LYFE Sciences · Project HERA
Variant Interpretation · Classification Report
Generated: 2026-07-07
Case ID: NM_002253.3_c.3247A_T_20260707_121757
Framework: ACMG/AMP 2015
Variant classification summary

NM_002253.3:c.3247A>T

KDR  · NP_002244.1:p.(Thr1083Ser)  · NM_002253.3
GRCh37: chr4:55955915 T>A  ·  GRCh38: chr4:55089748 T>A
Gene: KDR Transcript: NM_002253.3
Final call
VUS
PM2 supporting
All criteria require review: For research and educational purposes only.
Gene
KDR
Transcript
NM_002253.3
Protein
NP_002244.1:p.(Thr1083Ser)
gnomAD AF
ClinVar
OncoKB
Unknown Oncogenic Effect
Interpretation summary
Generated evidence synthesis
1
NM_002253.3:c.3247A>T (p.Thr1083Ser) in KDR is a missense variant in exon 24. It is completely absent from gnomAD v2.1, v4.1, and gnomAD-Canada, meeting PM2 at supporting level.
2
No variant-specific functional studies, case-control data, family segregation data, or de novo observations are available. The variant is absent from ClinVar and has not been reported in any peer-reviewed publication.
3
Computational predictors are conflicting: REVEL 0.638 suggests a deleterious effect, while BayesDel -0.0950088 predicts benign, and SpliceAI shows no splicing impact (max delta = 0.00). PP3 and BP4 are not met.
4
The only applicable criterion is PM2 (supporting). Under generic ACMG/AMP 2015 combination rules (PMID:25741868), a single supporting criterion is insufficient to classify the variant as likely pathogenic or likely benign. The variant defaults to a classification of Uncertain Significance.

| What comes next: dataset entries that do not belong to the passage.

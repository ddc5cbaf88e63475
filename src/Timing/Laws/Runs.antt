-- ===== src/Timing/Laws/Runs.antt =====
-- What `measure` reports, whatever the stopwatches answer.
use frontier_refactor_factor.Prelude.{
  sym, not, ◌||◌, map, has, all, eq_string, str_eq_iff, Bool-cases, inl, inr, All-weaken, ℕ, ◌≡◌,
  ◌<◌, refl, ap, subst, String, Bool, true, false, ◌&&◌, Option, none, some, List, [], ◌∷◌, ◌++◌,
  if◌then◌else◌, ltb, arith, Fraction, set, is_nil, All, fmt, str, lit, str_eq,
}
use frontier_refactor_factor.Exec.{Exec, Result, ok, err, refusal, error, Raised, is_exception}
use frontier_refactor_factor.Exec.Ensures.{
  Ensures, Ensures-pure, Ensures-lift, Ensures-bind, Ensures-if, ok-injective, Ensures-map,
  >>=-eq-ok,
}
use frontier_refactor_factor.Timing.{
  SpeedResult, is_one, worst_of, Cost, Measured, no_result, conclude_shape, conclude,
}
use frontier_refactor_factor.Timing.Measure.{
  paired_ratios, measure_shape, caught, try_shape, measure_shapes, measure,
}
use frontier_refactor_factor.Timing.Laws.Shapes.{
  Fair, is_established, conclude_shape-Fair, conclude-is_established,
}
use frontier_refactor_factor.Timing.Laws.Ratios.{paired_ratios-Positive}

-- What holds of every entry of a dictionary holds when one is set.
All-set :
    (P : String × Measured → Type 0) (k : String) (m : Measured) (d : List (String × Measured))
    → P (k, m)
    → All P d
    → All P (set k m d)
All-set P k m [] f h = (f, tt)
All-set P k m ((j, n) ∷ d) f (g, h) = elim (Bool-cases (str_eq j k)) [
  | inl e ↦ rw e (subst (λ i. P (i, m)) (sym ((str_eq_iff j k).0 e)) f, h)
  | inr e ↦ rw e (g, All-set P k m d f h)
]

abbrev pub timed_shapes : List (String × Measured) → List String
timed_shapes = map (λ (n, m). n)

timed_shapes-set :
    (k : String) (m : Measured) (d : List (String × Measured)) (j : String)
    → has (timed_shapes (set k m d)) j ≡ (str_eq j k || has (timed_shapes d) j)
timed_shapes-set k m [] j = ground arith
timed_shapes-set k m ((i, n) ∷ d) j =
    ground (arith, timed_shapes-set k m d j, str_eq_iff i k, str_eq_iff j k, str_eq_iff j i)

-- Each of the shapes is there.
abbrev pub covers : List (String × Measured) → List String → Bool
covers d shapes = all (λ s. has (timed_shapes d) s) shapes

covers-set :
    (k : String) (m : Measured) (d : List (String × Measured)) (seen : List String)
    → covers d seen ≡ true
    → covers (set k m d) seen ≡ true
covers-set k m d [] h = refl
covers-set k m d (s ∷ seen) h = ground (arith, h, timed_shapes-set k m d s, covers-set k m d seen)

-- A shape that was timed is as `P` says.
AsSaid : (String × Measured → Type 0) → String → Option Measured → Type 0
AsSaid P shape none = Unit {0}
AsSaid P shape (some m) = P (shape, m)

module _ (P : String × Measured → Type 0) (shape : String) where
  ended-AsSaid :
      (b : Bool) (x : Raised) (o : Option Measured)
      → (if b then ok none else err x) ≡ ok o
      → AsSaid P shape o
  unfolding AsSaid
  ended-AsSaid true x none e = tt
  ended-AsSaid true x (some m) e = cc
  ended-AsSaid false x o e = cc

  caught-AsSaid :
      (r : Result Measured)
      → ((m : Measured) → r ≡ ok m → P (shape, m))
      → (o : Option Measured) → caught shape r ≡ ok o
      → AsSaid P shape o
  unfolding AsSaid
  caught-AsSaid (ok m) h o e = subst (AsSaid P shape) (ok-injective e) (h m refl)
  caught-AsSaid (err (refusal s)) h o e = subst (AsSaid P shape) (ok-injective e) tt
  caught-AsSaid (err (error x)) h o e = ended-AsSaid (is_exception x.class) (error x) o e

Ensures-option :
    {W A B : Type 0} {P : B → Type 0} (Q : Option A → Type 0) (o : Option A) {m : Exec W B}
    {f : A → Exec W B}
    → Q o
    → (Q none → Ensures P m)
    → ((a : A) → Q (some a) → Ensures P (f a))
    → Ensures P (elim o [ none ↦ m | some a ↦ f a ])
Ensures-option Q none q h k = h q
Ensures-option Q (some a) q h k = k a q

evidence-conclude :
    (done : List (String × Measured)) (floors : List Fraction)
    → (conclude done floors).evidence ≡ done
unfolding conclude
evidence-conclude [] floors = refl
evidence-conclude (s ∷ ss) floors = elim (Bool-cases (is_one (worst_of s ss).1.speedup)) [
  | inl e ↦ rw e refl
  | inr e ↦ rw e refl
]

module _ (choose : ℕ → ℕ → ℕ → ℕ) (draws : ℕ) {W Probe : Type 0}
    (draw_probe : String → ℕ → Exec W Probe) (reference candidate : Probe → Exec W Cost)
    (samples warmups : ℕ) where
  -- The bounds of a shape are concluded from the ratios of as many samples, and from those of the
  -- reference against itself, which were timed right after them.
  pub record WasTimed (s : String × Measured) : Type 0 where
    pub ratios : List Fraction
    pub self_ratios : List Fraction
    pub at_ratios : W
    pub at_self_ratios : W
    pub at_end : W
    pub were_timed :
        paired_ratios draw_probe reference candidate s.0 warmups 0 samples at_ratios
        ≡ (ok ratios, at_self_ratios)
    pub were_self_timed :
        paired_ratios draw_probe reference reference s.0 warmups 0 samples at_self_ratios
        ≡ (ok self_ratios, at_end)
    pub concluded : s.1 ≡ conclude_shape choose draws ratios self_ratios

  -- What a result reports of the shapes.
  pub record Reports (shapes : List String) (r : SpeedResult) : Type 0 where
    pub established : is_established r ≡ true
    pub covered : (not r.usable || covers r.evidence shapes) ≡ true
    pub timed : All WasTimed r.evidence

  module _ (in_range : (i j n : ℕ) → 0 < n → choose i j n < n) (some_draws : 0 < draws) where
    abbrev Known : String × Measured → Type 0
    Known s = Fair s × WasTimed s

    measure_shape-Known :
        (shape : String) (w : W) (m : Measured)
        → 0 < samples
        → (measure_shape choose draws draw_probe reference candidate samples warmups shape w).0
          ≡ ok m
        → Known (shape, m)
    unfolding measure_shape
    measure_shape-Known shape w m s e =
        let (warm, w1, c1, e1) =
          >>=-eq-ok (paired_ratios draw_probe reference candidate shape 0 0 warmups) _ w m e in
        let (ratios, w2, c2, e2) =
          >>=-eq-ok (paired_ratios draw_probe reference candidate shape warmups 0 samples) _ w1 m
            e1 in
        let (self_ratios, w3, c3, e3) =
          >>=-eq-ok (paired_ratios draw_probe reference reference shape warmups 0 samples) _ w2 m
            e2 in
        let (size, positive) =
          (paired_ratios-Positive draw_probe reference candidate shape warmups 0 samples).at w1
            ratios (ap (λ x. x.0) c2) in
        subst (λ x. Known (shape, x)) (ok-injective e3)
          (
            conclude_shape-Fair choose draws in_range some_draws shape ratios self_ratios
                (omega (arith, size, s)) positive,
            record {
              ratios = ratios;
              self_ratios = self_ratios;
              at_ratios = w1;
              at_self_ratios = w2;
              at_end = w3;
              were_timed = c2;
              were_self_timed = c3;
              concluded = refl;
            },
          )

    try_shape-Known :
        (shape : String)
        → 0 < samples
        → Ensures
            (AsSaid Known shape)
            (try_shape choose draws draw_probe reference candidate samples warmups shape)
    try_shape-Known shape s = record {
      at = λ w o e.
          let m = measure_shape choose draws draw_probe reference candidate samples warmups shape in
          caught-AsSaid Known shape (m w).0 (λ x k. measure_shape-Known shape w x s k) o e;
    }

    measure_shapes-Reports :
        (shapes seen : List String) (done : List (String × Measured)) (floors : List Fraction)
        → 0 < samples
        → All Known done
        → covers done seen ≡ true
        → Ensures
            (λ r.
              (is_established r ≡ true)
              × ((not r.usable || (covers r.evidence seen && covers r.evidence shapes)) ≡ true)
              × All WasTimed r.evidence)
            (measure_shapes choose draws draw_probe reference candidate samples warmups shapes done
              floors)
    unfolding measure_shapes AsSaid
    measure_shapes-Reports [] seen done floors s h c =
        let same = evidence-conclude done floors in
        Ensures-pure (conclude done floors) (
          conclude-is_established done floors (All-weaken Known Fair done (λ x k. k.0) h),
          rw same (ground (arith, c)),
          rw same (All-weaken Known WasTimed done (λ x k. k.1) h),
        )
    measure_shapes-Reports (shape ∷ shapes) seen done floors s h c =
        Ensures-bind (try_shape choose draws draw_probe reference candidate samples warmups shape) _
          (try_shape-Known shape s)
          λ o q.
            Ensures-option (AsSaid Known shape) o q
              (λ _.
                Ensures-pure (no_result done (fmt "timing failed on %r" (str shape ∷ [])))
                  (refl, refl, All-weaken Known WasTimed done (λ x k. k.1) h))
              λ m f.
                Ensures-map
                  (measure_shapes-Reports shapes (shape ∷ seen) (set shape m done)
                    (floors ++ m.noise_floor ∷ []) s (All-set Known shape m done f h)
                    (ground (
                      arith,
                      covers-set shape m done seen c,
                      timed_shapes-set shape m done shape,
                      str_eq_iff shape shape,
                    )))
                  λ r k. (k.0, ground (arith, k.1), k.2)

    -- If the pseudorandom choices are in range and at least one draw is made, then whatever the
    -- stopwatches answer: every bound in the evidence is concluded from the ratios that were timed
    -- on its shape; a usable result has every shape that was given in its evidence; a usable speedup
    -- above one is reported only if on every one of them the lower bound is above the noise floor,
    -- one below one only if on some the upper bound is below one over the noise floor, and every
    -- other usable result is marked as within noise.
    pub measure-Reports :
        (shapes : List String)
        → Ensures
            (Reports shapes)
            (measure choose draws draw_probe reference candidate shapes samples warmups)
    unfolding measure
    measure-Reports shapes =
        Ensures-if (is_nil shapes)
          (λ _.
            Ensures-pure (no_result [] (lit "no shape was given to time"))
              (record { established = refl; covered = refl; timed = tt }))
          λ _.
            Ensures-if (ltb samples 2) (λ _. Ensures-lift (err _) λ r e. cc)
              λ k.
                Ensures-map (measure_shapes-Reports shapes [] [] [] (ground (arith, k)) tt refl)
                  λ r h. record { established = h.0; covered = ground (arith, h.1); timed = h.2 }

Final determination: Generic ACMG/AMP 2015 fallback rules do not meet benign, likely benign, likely pathogenic, or pathogenic combination thresholds, so the variant is classified as Variant of Uncertain Significance.
ACMG/AMP criteria review
Criteria shown when status is available
All criteria require review: For research and educational purposes only.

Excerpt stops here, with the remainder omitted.